─── Data for review
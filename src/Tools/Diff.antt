-- ===== src/Tools/Diff.antt =====
-- internal/tools/filediff.go: the line diff by longest common subsequences, and its hunks.
pub mod Sides
pub mod Marks
use mow.Prelude.{
  ℕ, suc, ◌+◌, ◌-◌, max, min, Bool, true, false, ◌&&◌, ◌||◌, List, [], ◌∷◌, ◌++◌, map, Option, none,
  some, leb, if◌then◌else◌, length, take, drop, get_or, Str, str_eq,
}
use mathlib.Core.List.{reverse}

-- The three values of `diffOp.kind`: ' ', '-' and '+'.
pub data OpKind : Type 0 where
  context delete insert : OpKind

pub record DiffOp : Type 0 where
  pub kind : OpKind
  pub text : Str

abbrev pub op : OpKind → Str → DiffOp
op k s = record { kind = k; text = s }

-- The two trimming loops of `diffLines`: how many lines two lists share at their start.
unfoldable pub common_prefix : List Str → List Str → ℕ
common_prefix [] ys = 0
common_prefix (x ∷ xs) [] = 0
common_prefix (x ∷ xs) (y ∷ ys) =
    let rest = common_prefix xs ys in if str_eq x y then suc rest else 0

-- One row of the table, `lcs[i][j..]`, from the line `midA[i]` and the row `lcs[i+1][j..]`.
unfoldable pub lcs_row : Str → List Str → List ℕ → List ℕ
lcs_row x [] below = 0 ∷ []
lcs_row x (y ∷ ys) below =
    let rest = lcs_row x ys (drop 1 below) in
    (if str_eq x y then get_or below 1 0 + 1 else max (get_or below 0 0) (get_or rest 0 0)) ∷ rest

zeros : List Str → List ℕ
zeros = map (λ _. 0)

-- `lcs`: the rows for `midA[i..]`, from i = 0 on; the last is all zeros.
unfoldable pub lcs_table : List Str → List Str → List (List ℕ)
unfolding lcs_row zeros
lcs_table [] ys = (0 ∷ zeros ys) ∷ []
lcs_table (x ∷ xs) ys = let rest = lcs_table xs ys in lcs_row x ys (get_or rest 0 []) ∷ rest

abbrev pub cell : List (List ℕ) → ℕ → ℕ → ℕ
cell table i j = get_or (get_or table i []) j 0

-- The walk from (i, j) through the table; the lists are `midA[i..]` and `midB[j..]`.
unfoldable pub walk : List (List ℕ) → ℕ → ℕ → List Str → List Str → List DiffOp
walk table i j [] ys = map (op insert) ys
walk table i j (x ∷ xs) [] = map (op delete) (x ∷ xs)
walk table i j (x ∷ xs) (y ∷ ys) = elim (str_eq x y) [
  | true ↦ op context x ∷ walk table (i + 1) (j + 1) xs ys
  | false ↦ elim (leb (cell table i (j + 1)) (cell table (i + 1) j)) [
    | true ↦ op delete x ∷ walk table (i + 1) j xs (y ∷ ys)
    | false ↦ op insert y ∷ walk table i (j + 1) (x ∷ xs) ys
  ]
]

unfoldable pub diff_lines : List Str → List Str → List DiffOp
unfolding common_prefix lcs_table walk
diff_lines a b =
    let pre = common_prefix a b in
    let rest_a = drop pre a in
    let rest_b = drop pre b in
    let suf = common_prefix (reverse rest_a) (reverse rest_b) in
    let mid_a = take (length rest_a - suf) rest_a in
    let mid_b = take (length rest_b - suf) rest_b in
    map (op context) (take pre a)
    ++ (walk (lcs_table mid_a mid_b) 0 0 mid_a mid_b
        ++ map (op context) (drop (length rest_a - suf) rest_a))

pub record Hunk : Type 0 where
  pub old_start : ℕ
  pub old_count : ℕ
  pub new_start : ℕ
  pub new_count : ℕ
  pub ops : List DiffOp

abbrev pub is_context : OpKind → Bool
is_context context = true
is_context _ = false

-- How far an operation moves the old and the new line number.
abbrev pub old_lines : OpKind → ℕ
old_lines insert = 0
old_lines _ = 1

abbrev pub new_lines : OpKind → ℕ
new_lines delete = 0
new_lines _ = 1

-- `for j := lo; j <= hi; j++ { keep[j] = true }`, on the marks from index j on.
unfoldable pub mark : ℕ → ℕ → ℕ → List Bool → List Bool
mark lo hi j [] = []
mark lo hi j (k ∷ ks) = (leb lo j && leb j hi || k) ∷ mark lo hi (j + 1) ks

-- The first loop of `buildHunks`, over the operations from index i on.
unfoldable pub mark_changes : ℕ → ℕ → ℕ → List DiffOp → List Bool → List Bool
unfolding mark
mark_changes ctx last i [] keep = keep
mark_changes ctx last i (o ∷ os) keep =
    mark_changes ctx last (i + 1) os
      (if is_context o.kind then keep else mark (i - ctx) (min last (i + ctx)) 0 keep)

abbrev pub open_hunk : ℕ → ℕ → Hunk
open_hunk old new = record {
  old_start = old;
  old_count = 0;
  new_start = new;
  new_count = 0;
  ops = [];
}

abbrev pub push : Hunk → DiffOp → Hunk
push h o = record h {
  old_count = h.old_count + old_lines o.kind;
  new_count = h.new_count + new_lines o.kind;
  ops = h.ops ++ o ∷ [];
}

-- The second loop of `buildHunks`, over the operations left; `some h` is the hunk that the inner
-- loop is filling.
unfoldable pub scan : Option Hunk → ℕ → ℕ → List DiffOp → List Bool → List Hunk
scan none old new [] keep = []
scan (some h) old new [] keep = h ∷ []
scan none old new (o ∷ os) [] = []
scan (some h) old new (o ∷ os) [] = h ∷ []
scan none old new (o ∷ os) (false ∷ keep) =
    scan none (old + old_lines o.kind) (new + new_lines o.kind) os keep
scan none old new (o ∷ os) (true ∷ keep) =
    scan (some (push (open_hunk old new) o)) (old + old_lines o.kind) (new + new_lines o.kind) os
      keep
scan (some h) old new (o ∷ os) (false ∷ keep) =
    h ∷ scan none (old + old_lines o.kind) (new + new_lines o.kind) os keep
scan (some h) old new (o ∷ os) (true ∷ keep) =
    scan (some (push h o)) (old + old_lines o.kind) (new + new_lines o.kind) os keep

unfoldable pub build_hunks : List DiffOp → ℕ → List Hunk
unfolding mark_changes scan
build_hunks ops ctx =
    scan none 1 1 ops (mark_changes ctx (length ops - 1) 0 ops (map (λ _. false) ops))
──────
▶ **What needs to be done**: A count alone is required. How many lines in the entries contain the string "reverse"?

▶ **Answer box**: 2